SUPPLIED DATA -
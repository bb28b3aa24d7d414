-- ===== src/Packet/TransportParameters/RoundTrip.antt =====
-- Transport parameters are read as they were written (src/aioquic/quic/packet.py).
use aioquic.Base.{
  ℕ, ◌≤◌, ◌≡◌, refl, sym, ◌∙◌, arith, Bool, true, false, not, ◌&&◌, ◌⊎◌, inl, inr, Bool-cases,
  Option, none, some, List, [], ◌∷◌, ◌==◌, if◌then◌else◌, length, is_none,
}
use aioquic.Base.Exception.{ok, ◌>>=◌}
use aioquic.Buffer.{new, written}
use aioquic.Buffer.Codes.{written-put}
use aioquic.Packet.TransportParameters.{
  ParamType, Value, QuicTransportParameters, params, type_of, pull_quic_transport_parameters,
  push_quic_transport_parameters,
}
use aioquic.Packet.TransportParameters.Writing.{
  AllParams, all_bytes, AllFit, push_params_lem, set_some, set_all, Known,
}
use aioquic.Packet.TransportParameters.Reading.{equal_self, pull_params_lem}

-- Whether an identifier is one of these.
abbrev pub is_known : ℕ → List (ℕ × ParamType) → Bool
is_known param_id ids = not (is_none (type_of ids param_id))

unset :
    (acc : QuicTransportParameters) (param_id i : ℕ) (value : Option Value)
    → (i == param_id) ≡ false
    → set_some acc param_id value i ≡ acc i
unset acc param_id i none e = refl
unset acc param_id i (some value) e = rw e refl

chosen :
    (known : Bool) (value : Option Value) (acc : QuicTransportParameters) (i : ℕ)
    → (if known && not (is_none value) then value else set_some acc i value i)
      ≡ (if not (is_none value) then value else acc i)
chosen true none acc i = refl
chosen false none acc i = refl
chosen true (some v) acc i = refl
chosen false (some v) acc i = let e : (i == i) ≡ true = equal_self i in rw e refl

-- What is left is what was written, for the identifiers that were read, and else what was there.
set_all_lem :
    (ids : List (ℕ × ParamType)) (p acc : QuicTransportParameters) (i : ℕ)
    → set_all ids p acc i ≡ (if is_known i ids && not (is_none (p i)) then p i else acc i)
set_all_lem [] p acc i = refl
set_all_lem ((param_id, param_type) ∷ ids) p acc i =
    set_all_lem ids p (set_some acc param_id (p param_id)) i ∙ one (Bool-cases (i == param_id))
  where
    one :
        ((i == param_id) ≡ true) ⊎ ((i == param_id) ≡ false)
        → (if is_known i ids && not (is_none (p i))
            then p i
            else set_some acc param_id (p param_id) i)
          ≡ (if is_known i ((param_id, param_type) ∷ ids) && not (is_none (p i))
              then p i
              else acc i)
    one (inr e) = rw (e, unset acc param_id i (p param_id) e) refl
    one (inl e) =
        let same : i ≡ param_id = ground arith in
        rw (e, sym same) (chosen (is_known i ids) (p i) acc i)

or_none :
    (known : Bool) (value : Option Value)
    → (if known && not (is_none value) then value else none) ≡ (if known then value else none)
or_none true none = refl
or_none true (some v) = refl
or_none false value = refl

all_fit : AllFit params
all_fit = omega arith

all_known : Known params
all_known = ground arith

-- Parameters whose values have the types of their attributes and can be written are read from their
-- encoding as they were, each of them, and nothing else is set. The buffer that they are written to
-- has room for them, and a value fits the 65536 bytes of its own buffer.
pub transport_parameters_lem :
    (p : QuicTransportParameters) (memory : List ℕ)
    → AllParams params p
    → length (all_bytes params p) ≤ length memory
    → (q : QuicTransportParameters) × ((push_quic_transport_parameters p (new memory) >>= λ b.
          pull_quic_transport_parameters (new (written b)))
        ≡ ok q)
      × ((i : ℕ) → q i ≡ (if is_known i params then p i else none))
unfolding push_quic_transport_parameters pull_quic_transport_parameters
transport_parameters_lem p memory v h =
    let bytes = all_bytes params p in
    let pushed = push_params_lem params p all_fit v (new memory) (omega arith) in
    let wrote = written-put (new memory) bytes (omega arith) in
    (
      set_all params p (λ i. none),
      rw (pushed, wrote)
          (pull_params_lem params p (λ i. none) (length bytes) (new bytes) all_fit all_known v
            (omega arith) refl (omega arith)),
      λ i. set_all_lem params p (λ i. none) i ∙ or_none (is_known i params) (p i),
    )
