-- ===== src/Packet/TransportParameters/Examples.antt =====
-- The transport parameters of an endpoint (src/aioquic/quic/packet.py).
use aioquic.Base.{ℕ, ◌≡◌, arith, none, some, [], ◌∷◌, ◌==◌, if◌then◌else◌, replicate}
use aioquic.Base.Exception.{ok, ◌>>=◌}
use aioquic.Buffer.{new, written}
use aioquic.Packet.TransportParameters.{
  int_value, true_value, address_value, version_value, QuicTransportParameters, params,
  pull_quic_transport_parameters, push_quic_transport_parameters,
}
use aioquic.Packet.TransportParameters.RoundTrip.{is_known, transport_parameters_lem}
use aioquic.Packet.TransportParameters.Writing.{AllParams}

-- max_idle_timeout, disable_active_migration, preferred_address and version_information.
abbrev parameters : QuicTransportParameters
parameters = λ i.
    if i == 0x01
    then some (int_value 60000)
    else if i == 0x0C
    then some true_value
    else if i == 0x0D
    then some (
        address_value (record {
          ipv4_address = none;
          ipv6_address = some (replicate 16 1, 443);
          connection_id = 1 ∷ 2 ∷ [];
          stateless_reset_token = replicate 16 7;
        }))
    else if i == 0x11
    then some
        (version_value (record { chosen_version = 1; available_versions = 1 ∷ 0x6B3343CF ∷ [] }))
    else none

parameters-AllParams : AllParams params parameters
parameters-AllParams = ground arith

transport_parameters_lem_example :
    (q : QuicTransportParameters) × ((push_quic_transport_parameters parameters
          (new (replicate 100 0))
        >>= λ b. pull_quic_transport_parameters (new (written b)))
      ≡ ok q)
    × ((i : ℕ) → q i ≡ (if is_known i params then parameters i else none))
transport_parameters_lem_example =
    transport_parameters_lem parameters (replicate 100 0) parameters-AllParams (omega arith)
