-- ===== src/Session/Tests.antt =====
-- A host that reads from a device with five bytes queued (src/usbip_host.c, src/usbip.c).
use usbip_c.Base.{ℕ, ◌≤◌, ◌<◌, ◌≡◌, refl, [], ◌∷◌, ◌++◌, true, false, none, some, arith}
use usbip_c.Base.{◌==◌, if◌then◌else◌}
use usbip_c.Wire.Stream.{ok}
use usbip_c.Wire.Command.{Urb}
use usbip_c.Wire.Reply.{success, send_ret}
use usbip_c.Endpoint.State.{Dbuf, Ep, fresh}
use usbip_c.Msos.State.{Advert}
use usbip_c.Control.Describe.{Ident}
use usbip_c.Control.State.{Classes}
use usbip_c.Device.State.{Pipe}
use usbip_c.Session.State.{Conn, serve_round}
use usbip_c.Session.Host.{Handle, data_transfer}
use usbip_c.Session.BulkIn.{after_fetch}
use usbip_c.Session.EndToEnd.{HasData, urb_of, in_transfer_completes}

abbrev plain_advert : Advert
plain_advert = record {
  msos = [];
  groups = [];
  msos1_vendor = 0;
  msos2_vendor = 0;
  webusb = false;
  webusb_vendor = 0;
  webusb_url = [];
  bcd_usb = 0x0200;
}

abbrev gadget : Ident
gadget = record {
  vid = 0x1234;
  pid = 0x5678;
  bcd_device = 0x0100;
  dev_class = 0;
  dev_sub = 0;
  dev_proto = 0;
  i_mfr = 0;
  i_prod = 0;
  i_ser = 0;
  strings = none ∷ none ∷ none ∷ none ∷ [];
  descr = [];
  n_ifnums = 1;
  advert = plain_advert;
}

abbrev no_classes : Classes ℕ
no_classes = record {
  ctrl = λ n. none;
  ctrl_default = none;
  set_alt_tab = λ n. none;
  outbox = λ w. ([], w);
}

abbrev bulk : ℕ → Pipe ℕ
bulk i = record { type = 2; interval = 0; on_out = none; produce = none; consume = none }

-- five bytes, of which one was sent
abbrev five_bytes : Dbuf
five_bytes = record { bytes = 1 ∷ 2 ∷ 3 ∷ 4 ∷ 5 ∷ []; off = 1 }

abbrev full : Ep
full = record fresh { in_queue = five_bytes ∷ [] }

abbrev no_urb : Urb
no_urb = record {
  command = 0;
  seqnum = 0;
  devid = 0;
  direction = 0;
  ep = 0;
  flags = 0;
  unlink_seqnum = 0;
  length = 0;
  interval = 0;
  number_of_packets = 0;
  iso = [];
  setup = [];
  data_bytes = none;
  data_len = 0;
}

abbrev attached : Conn ℕ
attached = record {
  dev = record {
    core = record { config = 1; eps = full ∷ []; slot = λ n d. if n == 1 then some 0 else none };
    world = 0;
    deadlines = λ i. 0;
    paced = [];
  };
  urbs = λ seq. no_urb;
}

attached-HasData : HasData attached 1 0 full five_bytes []
attached-HasData = record {
  number_pos = omega arith;
  number_fits = omega arith;
  mapped = refl;
  present = refl;
  going = refl;
  queued = refl;
  unread = omega arith;
}

abbrev host : Handle
host = record { devid = 0x10001; seq = 4 }

in_transfer_completes_example :
    let t = data_transfer host 129 [] 3 0 in
    let reply = send_ret 5 0x10001 1 1 0 (2 ∷ 3 ∷ 4 ∷ []) 3 in
    (serve_round no_classes gadget bulk false true (λ n. []) attached 0 no_urb (t.request ++ [])
      ≡ ok (
        (
          after_fetch no_classes gadget bulk false true
              (λ n. [])
              attached
              0
              full
              (urb_of no_classes gadget bulk false true (λ n. []) no_urb host 1 0 3),
          reply,
        ),
        [],
      ))
    × (t.receive (reply ++ [])
        ≡ ok (record { code = success; actual = 3; bytes = 2 ∷ 3 ∷ 4 ∷ [] }, []))
    × (0 < 3)
    × (3 ≤ 3)
in_transfer_completes_example =
    in_transfer_completes no_classes gadget bulk false true (λ n. []) host 1 0 0 3 0 [] [] [] no_urb
      attached full five_bytes [] attached-HasData (omega arith) (omega arith) (omega arith)
      (omega arith)
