-- ===== src/Wire.antt =====
-- The USB/IP wire format of src/usbip.c: the 48-byte headers, the isochronous descriptors, and the
-- reader of commands. A connection is read as the stream of the bytes that arrive on it, by
-- `readn`, whose promise over any socket is in Net/Laws.antt.
pub mod Stream
pub mod Header
pub mod Command
pub mod Reply
pub mod HeaderLaws
pub mod RoundTrip
pub mod IsoRoundTrip
pub mod ReplyLaws
mod Tests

WHAT YOU WILL DO - The lines from the one holding "(serve_round no_classes gadget" to the final line of the entries, both included, are what should be output, exactly and alone.

SOLUTION TO THE EXERCISE -
    (serve_round no_classes gadget bulk false true (λ n. []) attached 0 no_urb (t.request ++ [])
      ≡ ok (
        (
          after_fetch no_classes gadget bulk false true
              (λ n. [])
              attached
              0
              full
              (urb_of no_classes gadget bulk false true (λ n. []) no_urb host 1 0 3),
          reply,
        ),
        [],
      ))
    × (t.receive (reply ++ [])
        ≡ ok (record { code = success; actual = 3; bytes = 2 ∷ 3 ∷ 4 ∷ [] }, []))
    × (0 < 3)
    × (3 ≤ 3)
in_transfer_completes_example =
    in_transfer_completes no_classes gadget bulk false true (λ n. []) host 1 0 0 3 0 [] [] [] no_urb
      attached full five_bytes [] attached-HasData (omega arith) (omega arith) (omega arith)
      (omega arith)
-- ===== src/Wire.antt =====
-- The USB/IP wire format of src/usbip.c: the 48-byte headers, the isochronous descriptors, and the
-- reader of commands. A connection is read as the stream of the bytes that arrive on it, by
-- `readn`, whose promise over any socket is in Net/Laws.antt.
pub mod Stream
pub mod Header
pub mod Command
pub mod Reply
pub mod HeaderLaws
pub mod RoundTrip
pub mod IsoRoundTrip
pub mod ReplyLaws
mod Tests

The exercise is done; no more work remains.